==== DATA UNDER STUDY ====

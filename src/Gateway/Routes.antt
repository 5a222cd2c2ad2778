-- ===== src/Gateway/Routes.antt =====
-- Which route a path takes.
use distributed_rate_limiter.Prelude.{
  ◌<◌, ◌≤◌, ◌≡◌, ◌⊎◌, inl, inr, refl, ap, sym, ◌∙◌, arith, Bool, true, false, ltb, ◌==◌, Option,
  none, some, List, [], ◌∷◌, Text, text_eq_iff, length, Bool-cases, Option-cases, ==_iff,
}
use distributed_rate_limiter.Policy.{has_prefix}
use distributed_rate_limiter.Config.{Route}
use distributed_rate_limiter.Config.Checks.{Url, has_text}
use distributed_rate_limiter.Config.RouteChecks.{validate_route, validate_routes}
use distributed_rate_limiter.Gateway.Proxy.{match, match_from}

-- A route of the list.
unfoldable pub IsRoute : Route → List Route → Type 0
IsRoute q [] = ⊥
IsRoute q (r ∷ rs) = (q ≡ r) ⊎ IsRoute q rs

abbrev pub takes : Text → Route → Bool
takes path r = has_prefix path r.path_prefix

-- What the loop makes of the best route so far: it is kept or a longer one of the list is found, and
-- no route of the list that takes the path is longer than the result.
record IsBest (path : Text) (best : Option Route) (rs : List Route) (r : Route) : Type 0 where
  from : (best ≡ some r) ⊎ (IsRoute r rs × (takes path r ≡ true))
  longest :
      (q : Route) → IsRoute q rs → takes path q ≡ true → length q.path_prefix ≤ length r.path_prefix
  kept : (b : Route) → best ≡ some b → length b.path_prefix ≤ length r.path_prefix

skip_IsBest :
    (path : Text) (best : Option Route) (q : Route) (rs : List Route) (r : Route)
    → (takes path q ≡ true → length q.path_prefix ≤ length r.path_prefix)
    → IsBest path best rs r
    → IsBest path best (q ∷ rs) r
unfolding IsRoute
skip_IsBest path best q rs r short k = record {
  from = elim k.from [ inl e ↦ inl e | inr (i, t) ↦ inr (inr i, t) ];
  longest = λ p i t. elim i [ inl e ↦ rw e (short (rw (← e) t)) | inr j ↦ k.longest p j t ];
  kept = k.kept;
}

take_IsBest :
    (path : Text) (best : Option Route) (q : Route) (rs : List Route) (r : Route)
    → takes path q ≡ true
    → ((b : Route) → best ≡ some b → length b.path_prefix ≤ length q.path_prefix)
    → IsBest path (some q) rs r
    → IsBest path best (q ∷ rs) r
unfolding IsRoute
take_IsBest path best q rs r t longer k = record {
  from = elim k.from [
    | inl e ↦ let same : q ≡ r = cc in inr (inl (sym same), rw (← same) t)
    | inr (i, t') ↦ inr (inr i, t')
  ];
  longest = λ p i t'. elim i [ inl e ↦ rw e (k.kept q refl) | inr j ↦ k.longest p j t' ];
  kept = λ b e. let a = longer b e in let c = k.kept q refl in omega arith;
}

match_from-IsBest :
    (path : Text) (best : Option Route) (rs : List Route) (r : Route)
    → match_from best path rs ≡ some r
    → IsBest path best rs r
unfolding match_from IsRoute
match_from-IsBest path best [] r h = record {
  from = inl h;
  longest = λ q i t. elim i [ ];
  kept = λ b e. let same : b ≡ r = cc in rw same (omega arith);
}
match_from-IsBest path best (q ∷ rs) r h = elim (Bool-cases (takes path q)) [
  | inr miss ↦ skip_IsBest path best q rs r (λ t. cc) (match_from-IsBest path best rs r (cc))
  | inl hit ↦ elim (Option-cases best) [
    | inl nil ↦
        take_IsBest path best q rs r hit (λ b e. cc) (match_from-IsBest path (some q) rs r (cc))
    | inr (b, is_b) ↦ elim (Bool-cases (ltb (length b.path_prefix) (length q.path_prefix))) [
      | inl lt ↦
          take_IsBest path best q rs r hit (λ c e. let same : c ≡ b = cc in rw same (ground arith))
            (match_from-IsBest path (some q) rs r (cc))
      | inr ge ↦
          let k = match_from-IsBest path best rs r (cc) in
          let far = k.kept b is_b in skip_IsBest path best q rs r (λ t. ground arith) k
    ]
  ]
]

match_from-none :
    (path : Text) (best : Option Route) (rs : List Route) (q : Route)
    → match_from best path rs ≡ none
    → (best ≡ none) × (IsRoute q rs → takes path q ≡ false)
unfolding match_from IsRoute
match_from-none path best [] q h = (h, λ i. elim i [ ])
match_from-none path best (p ∷ rs) q h = elim (Bool-cases (takes path p)) [
  | inr miss ↦
      let (nil, out) = match_from-none path best rs q (cc) in
      (nil, λ i. elim i [ inl e ↦ rw e miss | inr j ↦ out j ])
  | inl hit ↦ elim (Option-cases best) [
    | inl nil ↦ cc ((match_from-none path (some p) rs q (cc)).0)
    | inr (b, is_b) ↦ elim (Bool-cases (ltb (length b.path_prefix) (length p.path_prefix))) [
      | inl lt ↦ cc ((match_from-none path (some p) rs q (cc)).0)
      | inr ge ↦ cc ((match_from-none path best rs q (cc)).0)
    ]
  ]
]

same_prefix :
    (path p q : Text)
    → has_prefix path p ≡ true
    → has_prefix path q ≡ true
    → length p ≡ length q
    → p ≡ q
unfolding has_prefix
same_prefix path [] [] h k e = refl
same_prefix path [] (c ∷ q) h k e = let no : ⊥ = omega arith in elim no [ ]
same_prefix path (b ∷ p) [] h k e = let no : ⊥ = omega arith in elim no [ ]
same_prefix [] (b ∷ p) (c ∷ q) h k e = cc
same_prefix (a ∷ path) (b ∷ p) (c ∷ q) h k e =
    let rest : p ≡ q = same_prefix path p q (ground arith) (ground arith) (omega arith) in
    let first : b ≡ c = ground (arith, ==_iff a b, ==_iff a c) in rw (rest, first) refl

module _ (parse_url : Text → Option Url) where
  route_passes :
      (names prefixes : List Text) (r : Route)
      → validate_route parse_url names prefixes r ≡ none
      → has_text r.path_prefix prefixes ≡ false
  unfolding validate_route
  route_passes names prefixes r h = elim (Bool-cases (has_text r.path_prefix prefixes)) [
    | inr e ↦ e
    | inl e ↦ ground arith
  ]

  routes_pass :
      (names prefixes : List Text) (r : Route) (rs : List Route)
      → validate_routes parse_url names prefixes (r ∷ rs) ≡ none
      → (has_text r.path_prefix prefixes ≡ false)
        × (validate_routes parse_url (r.name ∷ names) (r.path_prefix ∷ prefixes) rs ≡ none)
  unfolding validate_routes
  routes_pass names prefixes r rs h =
      elim (Option-cases (validate_route parse_url names prefixes r)) [
        | inr (e, x) ↦ cc
        | inl x ↦ (route_passes names prefixes r x, cc)
      ]

  fresh :
      (names prefixes : List Text) (rs : List Route) (q : Route)
      → validate_routes parse_url names prefixes rs ≡ none
      → IsRoute q rs
      → has_text q.path_prefix prefixes ≡ false
  unfolding IsRoute has_text
  fresh names prefixes [] q h i = elim i [ ]
  fresh names prefixes (r ∷ rs) q h (inl e) = rw e (routes_pass names prefixes r rs h).0
  fresh names prefixes (r ∷ rs) q h (inr i) = ground (
    arith,
    fresh (r.name ∷ names) (r.path_prefix ∷ prefixes) rs q (routes_pass names prefixes r rs h).1 i,
  )

  one_route :
      (names prefixes : List Text) (rs : List Route) (q r : Route)
      → validate_routes parse_url names prefixes rs ≡ none
      → IsRoute q rs
      → IsRoute r rs
      → q.path_prefix ≡ r.path_prefix
      → q ≡ r
  unfolding IsRoute has_text
  one_route names prefixes [] q r h i j e = elim i [ ]
  one_route names prefixes (p ∷ rs) q r h (inl i) (inl j) e = i ∙ sym j
  one_route names prefixes (p ∷ rs) q r h (inr i) (inr j) e =
      one_route (p.name ∷ names) (p.path_prefix ∷ prefixes) rs q r
        (routes_pass names prefixes p rs h).1 i j e
  one_route names prefixes (p ∷ rs) q r h (inl i) (inr j) e =
      let out =
        fresh (p.name ∷ names) (p.path_prefix ∷ prefixes) rs r (routes_pass names prefixes p rs h).1
          j in
      let same : p.path_prefix ≡ r.path_prefix = sym (ap (λ (x : Route). x.path_prefix) i) ∙ e in
      ground (arith, out, (text_eq_iff p.path_prefix r.path_prefix).1)
  one_route names prefixes (p ∷ rs) q r h (inr i) (inl j) e =
      let out =
        fresh (p.name ∷ names) (p.path_prefix ∷ prefixes) rs q (routes_pass names prefixes p rs h).1
          i in
      let same : p.path_prefix ≡ q.path_prefix = sym (e ∙ ap (λ (x : Route). x.path_prefix) j) in
      ground (arith, out, (text_eq_iff p.path_prefix q.path_prefix).1)

  -- With routes that are accepted, a path that begins with the prefix of any route is routed: to a
  -- route whose prefix it begins with, and every other such route has a shorter prefix. So the order of
  -- the routes decides nothing.
  pub match_longest :
      (path : Text) (rs : List Route) (q : Route)
      → validate_routes parse_url [] [] rs ≡ none
      → IsRoute q rs
      → takes path q ≡ true
      → (r : Route) × (match path rs ≡ some r)
        × ((IsRoute r rs × (takes path r ≡ true))
            × ((q ≡ r) ⊎ (length q.path_prefix < length r.path_prefix)))
  unfolding match
  match_longest path rs q h i t = elim (Option-cases (match path rs)) [
    | inl e ↦ cc ((match_from-none path none rs q e).1 i)
    | inr (r, e) ↦
        let best = match_from-IsBest path none rs r e in
        let le = best.longest q i t in
        let from : IsRoute r rs × (takes path r ≡ true) = elim best.from [
          | inl x ↦ cc
          | inr x ↦ x
        ] in
        (
          r,
          e,
          (
            from,
            elim (Bool-cases (length q.path_prefix == length r.path_prefix)) [
              | inl x ↦
                  let lengths : length q.path_prefix ≡ length r.path_prefix = ground arith in
                  inl (
                    one_route [] [] rs q r h i from.0
                      (same_prefix path q.path_prefix r.path_prefix t from.1 lengths))
              | inr x ↦ inr (ground arith)
            ],
          ),
        )
  ]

====

◆ TASK BRIEF ◆
Which lines in the data above hold the string "begins"? Return each of them.

◆ RESPONSE TO THE EXERCISE ◆
  -- With routes that are accepted, a path that begins with the prefix of any route is routed: to a
  -- route whose prefix it begins with, and every other such route has a shorter prefix. So the order of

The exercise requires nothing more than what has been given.